学术文献库

Context. Near a dozen star-forming galaxies have been detected in gamma-rays by the Fermi observatory in the last decade. A remarkable property of this sample is the quasi-linear relation between the gamma-ray luminosity and the star formation rate, obtained assuming that the latter is well traced by the infra-red luminosity of the galaxies. The non-linearity of this relation has not been fully explained yet. Aims. We aim at determining the biases derived from the use of the infrared luminosity as a proxy for the star formation rate, and shed light onto the more fundamental relation between the latter and the gamma-ray luminosity. We expect to quantify and explain some trends observed in this relation. Methods. We compile from the literature a near-homogeneous set of distances, ultraviolet, optical, infra-red, and gamma-ray fluxes for all known gamma-ray emitting star-forming galaxies. From these data we compute the infra-red and gamma-ray luminosities, and star formation rates. We determine the best-fitting relation between the latter two, and describe the trend using simple, population-oriented models for cosmic-ray transport and cooling. Results. We find that the gamma-ray luminosity-star formation rate relation obtained from infra-red luminosities is biased to shallower slopes.

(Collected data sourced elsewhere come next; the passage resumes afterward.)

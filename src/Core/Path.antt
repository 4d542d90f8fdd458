-- ===== src/Core/Path.antt =====
-- acatl/filesystem.cpp: the lexical operations of `path`. A pointer into the text is an index, and the
-- text ends with a NUL character, as `c_str()` gives it, and holds no other.
pub mod Parts
pub mod Append
pub mod Iterator
use acatl.Base.{
  ℕ, zero, suc, ◌+◌, ◌-◌, Bool, true, false, not, ◌&&◌, ◌||◌, Bytes, List, [], ◌∷◌, ◌++◌, Option,
  none, some, ◌==◌, ltb, length, if◌then◌else◌, bytes_eq, codes,
}
use acatl.Core.Strings.{is_empty}

-- `_separator` and `_dot`.
abbrev pub separator : ℕ
separator = b'/'

abbrev pub dot : ℕ
dot = b'.'

abbrev pub char_at : Bytes → ℕ → ℕ
char_at [] i = 0
char_at (c ∷ cs) zero = c
char_at (c ∷ cs) (suc i) = char_at cs i

abbrev pub take : ℕ → Bytes → Bytes
take zero s = []
take (suc n) [] = []
take (suc n) (c ∷ cs) = c ∷ take n cs

abbrev pub drop : ℕ → Bytes → Bytes
drop zero s = s
drop (suc n) [] = []
drop (suc n) (c ∷ cs) = drop n cs

-- `while(*s != c && s != begin) --s;`, and the loop over what is `c`.
unfoldable pub back_to : ℕ → Bytes → ℕ → ℕ
back_to c s zero = zero
back_to c s (suc i) = let before = back_to c s i in if char_at s (suc i) == c then suc i else before

unfoldable pub back_over : ℕ → Bytes → ℕ → ℕ
back_over c s zero = zero
back_over c s (suc i) =
    let before = back_over c s i in if char_at s (suc i) == c then before else suc i

-- The number of separators at the start, and of characters before the next one.
abbrev pub leading : Bytes → ℕ
leading [] = 0
leading (c ∷ cs) = if c == separator then suc (leading cs) else 0

abbrev pub until_separator : Bytes → ℕ
until_separator [] = 0
until_separator (c ∷ cs) = if c == separator then 0 else suc (until_separator cs)

abbrev last_index : Bytes → ℕ
last_index s = length s - 1

-- `operator/=`; the front of an empty path is read as NUL.
unfoldable pub append : Bytes → Bytes → Bytes
append s p =
    if is_empty s || char_at p 0 == separator || char_at s (last_index s) == separator || is_empty p
    then s ++ p
    else s ++ (separator ∷ p)

unfoldable pub root_name : Bytes → Bytes
root_name s = let n = leading s in if n == 2 then take (n + until_separator (drop n s)) s else []

unfoldable pub root_directory : Bytes → Bytes
unfolding root_name
root_directory s =
    let root = root_name s in
    if char_at s 0 == separator && (is_empty root || ltb (length root) (length s))
    then separator ∷ []
    else []

unfoldable pub root_path : Bytes → Bytes
unfolding append root_directory
root_path s = append (root_name s) (root_directory s)

unfoldable pub relative_path : Bytes → Bytes
relative_path s =
    let n = leading s in
    let rest = drop n s in
    let behind = drop (until_separator rest) rest in
    if n == 2 then (if char_at behind 0 == separator then drop 1 behind else behind) else rest

unfoldable pub filename : Bytes → Bytes
unfolding back_to
filename [] = []
filename (c ∷ cs) =
    let s = c ∷ cs in
    let i = back_to separator s (length cs) in
    if bytes_eq s (separator ∷ [])
    then s
    else if char_at s (length cs) == separator
    then dot ∷ []
    else if char_at s i == separator && i == 1 && char_at s 0 == separator
    then s
    else if not (char_at s i == separator) && i == 0
    then s
    else drop (suc i) s

unfoldable pub parent_path : Bytes → Bytes
unfolding back_to back_over
parent_path s =
    let start = back_to separator s (last_index s) in
    let i = back_over separator s start in
    if ltb 1 (length s)
    then if ltb 0 i
      then take (i + 1) s
      else if char_at s i == separator && i == start
      then separator ∷ []
      else []
    else []

abbrev is_dots : Bytes → Bool
is_dots s = bytes_eq s (dot ∷ []) || bytes_eq s (dot ∷ dot ∷ [])

-- `stem` and `extension` of a file name.
unfoldable pub stem_of : Bytes → Bytes
unfolding back_to
stem_of s =
    let i = back_to dot s (last_index s) in
    if is_dots s then [] else if char_at s i == dot then take i s else []

unfoldable pub extension_of : Bytes → Bytes
unfolding back_to
extension_of s =
    let i = back_to dot s (last_index s) in
    if is_dots s then [] else if char_at s i == dot then drop i s else []

unfoldable pub stem : Bytes → Bytes
unfolding filename stem_of
stem s = stem_of (filename s)

unfoldable pub extension : Bytes → Bytes
unfolding filename extension_of
extension s = extension_of (filename s)

unfoldable pub has_filename : Bytes → Bool
unfolding filename
has_filename s = not (is_empty (filename s))

unfoldable pub has_extension : Bytes → Bool
unfolding extension
has_extension s = not (is_empty (extension s))

unfoldable pub remove_filename : Bytes → Bytes
unfolding has_filename parent_path
remove_filename s = if has_filename s then parent_path s else s

unfoldable pub replace_filename : Bytes → Bytes → Bytes
unfolding remove_filename append
replace_filename s p = append (remove_filename s) p

unfoldable pub replace_extension : Bytes → Bytes → Bytes
unfolding has_extension
replace_extension s e =
    let kept = if has_extension s then take (length s - length (extension s)) s else s in
    if is_empty e then kept else if char_at e 0 == dot then kept ++ e else kept ++ (dot ∷ e)

-- `is_absolute`.
unfoldable pub is_absolute : Bytes → Bool
unfolding root_directory
is_absolute s = not (is_empty (root_directory s))

unfoldable pub is_relative : Bytes → Bool
unfolding is_absolute
is_relative s = not (is_absolute s)

unfoldable pub has_root_path : Bytes → Bool
unfolding root_path
has_root_path s = not (is_empty (root_path s))

unfoldable pub has_relative_path : Bytes → Bool
unfolding relative_path
has_relative_path s = not (is_empty (relative_path s))

unfoldable pub has_parent_path : Bytes → Bool
unfolding parent_path
has_parent_path s = not (is_empty (parent_path s))

unfoldable pub has_stem : Bytes → Bool
unfolding stem
has_stem s = not (is_empty (stem s))
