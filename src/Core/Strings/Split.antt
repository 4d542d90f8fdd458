-- ===== src/Core/Strings/Split.antt =====
-- acatl/string_helper.h: `split` and `join`.
use acatl.Base.{
  ℕ, zero, suc, ◌+◌, ◌≤◌, ◌<◌, ◌≡◌, ◌≢◌, ◌⊎◌, inl, inr, refl, sym, ap, ◌∙◌, true, false, Bytes,
  List, [], ◌∷◌, ◌++◌, append_assoc, ◌==◌, ==_iff, length, length-append, All, arith, Bool-cases,
}
use acatl.Core.Strings.{get_line, before_push, split_loop, split, join}

abbrev pub Lacks : ℕ → Bytes → Type 0
Lacks d = All (λ c. c ≢ d)

-- What `getline` gives: a line without the delimiter, and what is behind it.
abbrev Line : ℕ → Bytes → Bytes × Bytes → Type 0
Line d s (item, rest) =
    Lacks d item
    × (((s ≡ item) × (rest ≡ [])) ⊎ (s ≡ item ++ (d ∷ rest)))
    × (length rest ≤ length s)

push-Line :
    (d c : ℕ) (cs : Bytes) (r : Bytes × Bytes)
    → c ≢ d
    → Line d cs r
    → Line d (c ∷ cs) (before_push c r)
push-Line d c cs (item, rest) h (lacks, inl (e, n), le) =
    ((h, lacks), inl (ap (λ x. c ∷ x) e, n), omega arith)
push-Line d c cs (item, rest) h (lacks, inr e, le) =
    ((h, lacks), inr (ap (λ x. c ∷ x) e), omega arith)

get_line-Line : (d : ℕ) (s : Bytes) → Line d s (get_line d s)
unfolding get_line
get_line-Line d [] = (tt, inl (refl, refl), omega arith)
get_line-Line d (c ∷ cs) = elim (Bool-cases (c == d)) [
  | inl e ↦ rw e (tt, inr (ap (λ x. x ∷ cs) ((==_iff c d).0 e)), omega arith)
  | inr e ↦ rw e (push-Line d c cs (get_line d cs) (ground arith) (get_line-Line d cs))
]

-- The rest is shorter, where there is a text.
shorter : (d c : ℕ) (cs : Bytes) → length (get_line d (c ∷ cs)).1 < suc (length cs)
unfolding get_line
shorter d c cs = elim (Bool-cases (c == d)) [
  | inl e ↦ rw e (omega arith)
  | inr e ↦ rw e (omega (arith, (get_line-Line d cs).2))
]

abbrev Spells : ℕ → Bytes → List Bytes → Type 0
Spells d s ps = (join ps (d ∷ []) ≡ s) ⊎ (join ps (d ∷ []) ++ (d ∷ []) ≡ s)

-- The parts of a text and of what follows its first line.
behind :
    (d : ℕ) (s item rest : Bytes) (ps : List Bytes) (p : Bytes)
    → s ≡ item ++ (d ∷ rest)
    → Spells d rest (p ∷ ps)
    → Spells d s (item ∷ p ∷ ps)
unfolding join
behind d s item rest ps p e (inl h) = inl (ap (λ x. item ++ (d ∷ x)) h ∙ sym e)
behind d s item rest ps p e (inr h) =
    inr (
      append_assoc item (d ∷ join (p ∷ ps) (d ∷ [])) (d ∷ []) ∙ ap (λ x. item ++ (d ∷ x)) h ∙ sym e)

-- By what is behind the first line.
after_line :
    (fuel d : ℕ) (s item rest : Bytes)
    → length rest ≤ fuel
    → ((s ≡ item) × (rest ≡ [])) ⊎ (s ≡ item ++ (d ∷ rest))
    → Spells d rest (split_loop fuel d true rest)
    → Spells d s (item ∷ split_loop fuel d true rest)
unfolding split_loop join
after_line zero d s item [] h (inl (e, n)) spells = inl (sym e)
after_line zero d s item [] h (inr e) spells = inr (sym e)
after_line zero d s item (r ∷ rs) h e spells = absurd (omega arith)
after_line (suc fuel) d s item [] h (inl (e, n)) spells = inl (sym e)
after_line (suc fuel) d s item [] h (inr e) spells = inr (sym e)
after_line (suc fuel) d s item (r ∷ rs) h (inl (e, n)) spells = cc
after_line (suc fuel) d s item (r ∷ rs) h (inr e) spells =
    behind d s item (r ∷ rs) (split_loop fuel d true (get_line d (r ∷ rs)).1)
      (get_line d (r ∷ rs)).0 e spells

loop-Spells :
    (fuel d : ℕ) (s : Bytes)
    → length s ≤ fuel
    → Spells d s (split_loop fuel d true s) × All (Lacks d) (split_loop fuel d true s)
unfolding split_loop join
loop-Spells zero d [] h = (inl refl, tt)
loop-Spells zero d (c ∷ cs) h = absurd (omega arith)
loop-Spells (suc fuel) d [] h = (inl refl, tt)
loop-Spells (suc fuel) d (c ∷ cs) h =
    let (item, rest) = get_line d (c ∷ cs) in
    let (lacks, spelled, le) = get_line-Line d (c ∷ cs) in
    let less : length rest ≤ fuel = omega (arith, shorter d c cs) in
    let (spells, all) = loop-Spells fuel d rest less in
    (after_line fuel d (c ∷ cs) item rest less spelled spells, (lacks, all))

-- No part holds the delimiter, and the parts, joined by it, are the text or lack one delimiter at its end.
split-join_spells :
    (d : ℕ) (s : Bytes) → Spells d s (split s d true) × All (Lacks d) (split s d true)
unfolding split
split-join_spells d s = loop-Spells (length s) d s (omega arith)

-- The other way.
get_line-Lacks : (d : ℕ) (p rest : Bytes) → Lacks d p → get_line d (p ++ (d ∷ rest)) ≡ (p, rest)
unfolding get_line
get_line-Lacks d [] rest h = ground arith
get_line-Lacks d (c ∷ p) rest (n, h) =
    let other : (c == d) ≡ false = ground arith in
    rw other (ap (before_push c) (get_line-Lacks d p rest h))

get_line_end : (d : ℕ) (p : Bytes) → Lacks d p → get_line d p ≡ (p, [])
unfolding get_line
get_line_end d [] h = refl
get_line_end d (c ∷ p) (n, h) =
    let other : (c == d) ≡ false = ground arith in
    rw other (ap (before_push c) (get_line_end d p h))

-- The last part is not empty.
abbrev pub LastIsText : List Bytes → Type 0
LastIsText [] = Unit {0}
LastIsText (p ∷ []) = p ≢ []
LastIsText (p ∷ q ∷ ps) = LastIsText (q ∷ ps)

split_loop-line :
    (fuel d : ℕ) (p rest : Bytes)
    → Lacks d p
    → split_loop (suc fuel) d true (p ++ (d ∷ rest)) ≡ p ∷ split_loop fuel d true rest
unfolding split_loop
split_loop-line fuel d [] rest h = rw (get_line-Lacks d [] rest h) refl
split_loop-line fuel d (c ∷ p) rest h = rw (get_line-Lacks d (c ∷ p) rest h) refl

split_loop_last :
    (fuel d : ℕ) (p : Bytes) → Lacks d p → p ≢ [] → split_loop (suc fuel) d true p ≡ p ∷ []
unfolding split_loop
split_loop_last fuel d [] h text = absurd (text refl)
split_loop_last zero d (c ∷ p) h text = rw (get_line_end d (c ∷ p) h) refl
split_loop_last (suc fuel) d (c ∷ p) h text = rw (get_line_end d (c ∷ p) h) refl

split_loop_nothing : (fuel d : ℕ) → split_loop fuel d true [] ≡ []
unfolding split_loop
split_loop_nothing zero d = refl
split_loop_nothing (suc fuel) d = refl

loop-join :
    (fuel d : ℕ) (ps : List Bytes)
    → All (Lacks d) ps
    → LastIsText ps
    → length (join ps (d ∷ [])) ≤ fuel
    → split_loop fuel d true (join ps (d ∷ [])) ≡ ps
unfolding join
loop-join fuel d [] h t le = split_loop_nothing fuel d
loop-join zero d ([] ∷ []) (h, tt) t le = absurd (t refl)
loop-join zero d ((c ∷ p) ∷ []) (h, tt) t le = absurd (omega arith)
loop-join (suc fuel) d (p ∷ []) (h, tt) t le = split_loop_last fuel d p h t
loop-join zero d (p ∷ q ∷ ps) (h, hs) t le =
    let e : length (p ++ (d ∷ join (q ∷ ps) (d ∷ [])))
        ≡ length p + suc (length (join (q ∷ ps) (d ∷ []))) =
      length-append p (d ∷ join (q ∷ ps) (d ∷ [])) in
    absurd (omega arith)
loop-join (suc fuel) d (p ∷ q ∷ ps) (h, hs) t le =
    let e : length (p ++ (d ∷ join (q ∷ ps) (d ∷ [])))
        ≡ length p + suc (length (join (q ∷ ps) (d ∷ []))) =
      length-append p (d ∷ join (q ∷ ps) (d ∷ [])) in
    split_loop-line fuel d p (join (q ∷ ps) (d ∷ [])) h
    ∙ ap (λ x. p ∷ x) (loop-join fuel d (q ∷ ps) hs t (omega arith))

-- Parts that do not hold the delimiter, of which the last is not empty, are what `split` with empty
-- elements makes of their `join` by the delimiter.
pub split-join :
    (d : ℕ) (ps : List Bytes)
    → All (Lacks d) ps
    → LastIsText ps
    → split (join ps (d ∷ [])) d true ≡ ps
unfolding split
split-join d ps h t = loop-join (length (join ps (d ∷ []))) d ps h t (omega arith)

The actual relation is steeper than previous estimates, having a power-law index of 1.35 +- 0.05, in contrast to 1.23 +- 0.06. Conclusions. The unbiased gamma-ray luminosity-star formation rate relation can be explained at high star formation rates by assuming that the cosmic ray cooling region is kiloparsec-sized, and pervaded by mild to fast winds. Combined with previous results about the scaling of wind velocity with star formation rate, our work provides support to advection as the dominant cosmic ray escape mechanism in low-star formation rate galaxies.